= DATA FOR PROCESSING =
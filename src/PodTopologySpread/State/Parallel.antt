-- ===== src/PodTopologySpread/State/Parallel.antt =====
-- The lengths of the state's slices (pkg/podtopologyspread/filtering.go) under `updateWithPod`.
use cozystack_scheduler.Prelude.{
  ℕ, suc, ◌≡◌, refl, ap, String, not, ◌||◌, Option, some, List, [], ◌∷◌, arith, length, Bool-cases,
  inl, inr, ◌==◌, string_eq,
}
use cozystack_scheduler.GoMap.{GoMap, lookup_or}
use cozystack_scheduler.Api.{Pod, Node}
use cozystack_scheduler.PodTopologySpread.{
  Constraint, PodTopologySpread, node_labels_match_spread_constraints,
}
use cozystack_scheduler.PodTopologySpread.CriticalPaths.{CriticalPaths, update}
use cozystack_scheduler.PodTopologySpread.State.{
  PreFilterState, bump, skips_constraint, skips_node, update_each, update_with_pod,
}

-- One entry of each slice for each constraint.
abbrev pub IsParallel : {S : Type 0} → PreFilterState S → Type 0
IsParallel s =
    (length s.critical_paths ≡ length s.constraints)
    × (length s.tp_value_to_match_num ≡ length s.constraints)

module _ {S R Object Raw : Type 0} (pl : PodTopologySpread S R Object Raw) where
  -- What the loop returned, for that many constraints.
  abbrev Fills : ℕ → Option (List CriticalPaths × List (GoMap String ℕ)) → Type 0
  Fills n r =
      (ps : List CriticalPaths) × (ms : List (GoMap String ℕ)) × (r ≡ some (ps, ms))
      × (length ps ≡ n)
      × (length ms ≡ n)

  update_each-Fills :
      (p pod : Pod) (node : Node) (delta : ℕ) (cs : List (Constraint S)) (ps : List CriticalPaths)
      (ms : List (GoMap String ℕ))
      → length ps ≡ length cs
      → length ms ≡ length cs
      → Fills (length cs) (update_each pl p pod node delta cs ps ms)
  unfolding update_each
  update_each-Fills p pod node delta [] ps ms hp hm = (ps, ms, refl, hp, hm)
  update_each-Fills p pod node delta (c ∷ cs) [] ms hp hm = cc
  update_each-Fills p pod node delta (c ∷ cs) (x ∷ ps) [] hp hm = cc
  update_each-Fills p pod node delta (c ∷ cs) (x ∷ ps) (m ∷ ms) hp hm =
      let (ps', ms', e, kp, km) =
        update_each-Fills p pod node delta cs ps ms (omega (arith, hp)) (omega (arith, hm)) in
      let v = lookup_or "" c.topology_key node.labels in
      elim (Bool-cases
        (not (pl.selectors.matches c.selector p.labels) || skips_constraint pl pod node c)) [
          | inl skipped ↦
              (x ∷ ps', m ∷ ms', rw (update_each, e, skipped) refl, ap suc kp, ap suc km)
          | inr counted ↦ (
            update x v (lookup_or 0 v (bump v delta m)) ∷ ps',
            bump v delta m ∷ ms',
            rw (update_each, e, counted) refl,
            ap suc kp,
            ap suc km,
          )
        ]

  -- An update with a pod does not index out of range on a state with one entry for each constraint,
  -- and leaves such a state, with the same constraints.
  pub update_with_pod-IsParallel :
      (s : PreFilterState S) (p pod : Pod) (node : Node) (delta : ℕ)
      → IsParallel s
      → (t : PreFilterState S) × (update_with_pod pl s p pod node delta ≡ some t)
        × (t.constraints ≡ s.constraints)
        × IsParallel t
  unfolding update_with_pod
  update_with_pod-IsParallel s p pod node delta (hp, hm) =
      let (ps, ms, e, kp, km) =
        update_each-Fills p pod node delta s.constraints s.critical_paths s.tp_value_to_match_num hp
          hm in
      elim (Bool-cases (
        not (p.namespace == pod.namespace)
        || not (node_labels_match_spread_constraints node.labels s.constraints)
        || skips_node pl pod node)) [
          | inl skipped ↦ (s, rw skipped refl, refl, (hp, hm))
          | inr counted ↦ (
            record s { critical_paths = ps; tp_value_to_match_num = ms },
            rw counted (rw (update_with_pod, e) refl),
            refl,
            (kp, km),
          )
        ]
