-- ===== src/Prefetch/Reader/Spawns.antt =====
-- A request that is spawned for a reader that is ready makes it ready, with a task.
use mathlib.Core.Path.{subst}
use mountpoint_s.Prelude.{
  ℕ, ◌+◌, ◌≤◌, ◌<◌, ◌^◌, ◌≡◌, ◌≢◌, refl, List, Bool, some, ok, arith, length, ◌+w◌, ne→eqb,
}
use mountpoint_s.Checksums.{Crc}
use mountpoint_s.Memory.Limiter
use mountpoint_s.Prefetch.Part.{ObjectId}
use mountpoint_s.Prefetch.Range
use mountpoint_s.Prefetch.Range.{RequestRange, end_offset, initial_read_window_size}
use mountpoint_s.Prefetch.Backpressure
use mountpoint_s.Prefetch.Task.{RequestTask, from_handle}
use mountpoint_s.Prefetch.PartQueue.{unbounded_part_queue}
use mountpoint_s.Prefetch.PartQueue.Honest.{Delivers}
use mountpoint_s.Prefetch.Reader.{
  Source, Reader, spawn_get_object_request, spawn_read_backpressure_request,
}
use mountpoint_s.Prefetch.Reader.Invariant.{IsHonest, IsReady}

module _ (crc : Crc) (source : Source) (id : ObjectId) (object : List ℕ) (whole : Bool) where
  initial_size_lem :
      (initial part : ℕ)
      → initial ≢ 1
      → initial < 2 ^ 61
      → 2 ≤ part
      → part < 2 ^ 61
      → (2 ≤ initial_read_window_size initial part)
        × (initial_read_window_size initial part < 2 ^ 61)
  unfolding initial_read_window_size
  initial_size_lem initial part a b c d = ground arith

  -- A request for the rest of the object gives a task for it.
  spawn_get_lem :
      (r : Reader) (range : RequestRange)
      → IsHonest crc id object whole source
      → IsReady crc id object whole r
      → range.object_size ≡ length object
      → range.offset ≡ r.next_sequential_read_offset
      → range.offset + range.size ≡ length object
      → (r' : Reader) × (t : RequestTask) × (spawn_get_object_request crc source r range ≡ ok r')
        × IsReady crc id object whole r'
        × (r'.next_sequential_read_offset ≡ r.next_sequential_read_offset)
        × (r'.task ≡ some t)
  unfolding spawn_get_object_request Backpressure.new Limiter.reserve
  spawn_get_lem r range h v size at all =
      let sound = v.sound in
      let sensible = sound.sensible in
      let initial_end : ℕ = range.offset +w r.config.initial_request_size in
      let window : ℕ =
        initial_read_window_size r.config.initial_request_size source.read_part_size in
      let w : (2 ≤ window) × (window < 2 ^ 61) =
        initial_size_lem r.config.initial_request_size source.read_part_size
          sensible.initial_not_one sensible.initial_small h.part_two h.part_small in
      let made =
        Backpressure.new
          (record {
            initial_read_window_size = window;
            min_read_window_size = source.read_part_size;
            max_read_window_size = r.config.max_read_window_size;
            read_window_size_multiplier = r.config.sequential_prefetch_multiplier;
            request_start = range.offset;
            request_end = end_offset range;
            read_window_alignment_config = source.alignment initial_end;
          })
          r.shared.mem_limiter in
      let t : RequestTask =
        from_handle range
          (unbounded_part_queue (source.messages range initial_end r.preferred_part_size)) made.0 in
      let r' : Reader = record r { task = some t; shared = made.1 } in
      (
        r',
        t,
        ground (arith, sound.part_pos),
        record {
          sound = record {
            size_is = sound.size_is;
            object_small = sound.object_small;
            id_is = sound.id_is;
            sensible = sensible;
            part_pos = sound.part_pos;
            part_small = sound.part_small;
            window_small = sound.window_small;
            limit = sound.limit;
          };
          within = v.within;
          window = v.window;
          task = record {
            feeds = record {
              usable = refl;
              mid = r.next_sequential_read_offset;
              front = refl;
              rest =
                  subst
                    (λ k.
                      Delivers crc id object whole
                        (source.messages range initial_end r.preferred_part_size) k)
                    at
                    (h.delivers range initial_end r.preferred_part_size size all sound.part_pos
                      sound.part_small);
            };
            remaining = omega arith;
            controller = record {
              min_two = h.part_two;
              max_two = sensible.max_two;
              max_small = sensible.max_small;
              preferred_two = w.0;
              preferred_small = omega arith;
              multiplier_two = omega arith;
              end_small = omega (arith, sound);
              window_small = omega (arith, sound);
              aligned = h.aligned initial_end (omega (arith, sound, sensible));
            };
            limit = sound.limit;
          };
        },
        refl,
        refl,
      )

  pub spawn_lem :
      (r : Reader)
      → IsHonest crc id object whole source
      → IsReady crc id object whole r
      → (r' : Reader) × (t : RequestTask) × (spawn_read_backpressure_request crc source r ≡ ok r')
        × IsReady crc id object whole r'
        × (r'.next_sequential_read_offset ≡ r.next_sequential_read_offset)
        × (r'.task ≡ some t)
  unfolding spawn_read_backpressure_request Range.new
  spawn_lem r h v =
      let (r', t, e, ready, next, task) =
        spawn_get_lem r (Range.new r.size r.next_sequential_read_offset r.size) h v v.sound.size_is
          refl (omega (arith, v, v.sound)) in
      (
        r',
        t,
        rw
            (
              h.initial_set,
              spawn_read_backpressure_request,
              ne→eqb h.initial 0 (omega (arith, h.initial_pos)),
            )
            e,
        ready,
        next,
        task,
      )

= GOAL OF THE EXERCISE =
Give the number of lines in the material above that contain the word "abbrev", and add nothing.

= ANSWER SECTION =
2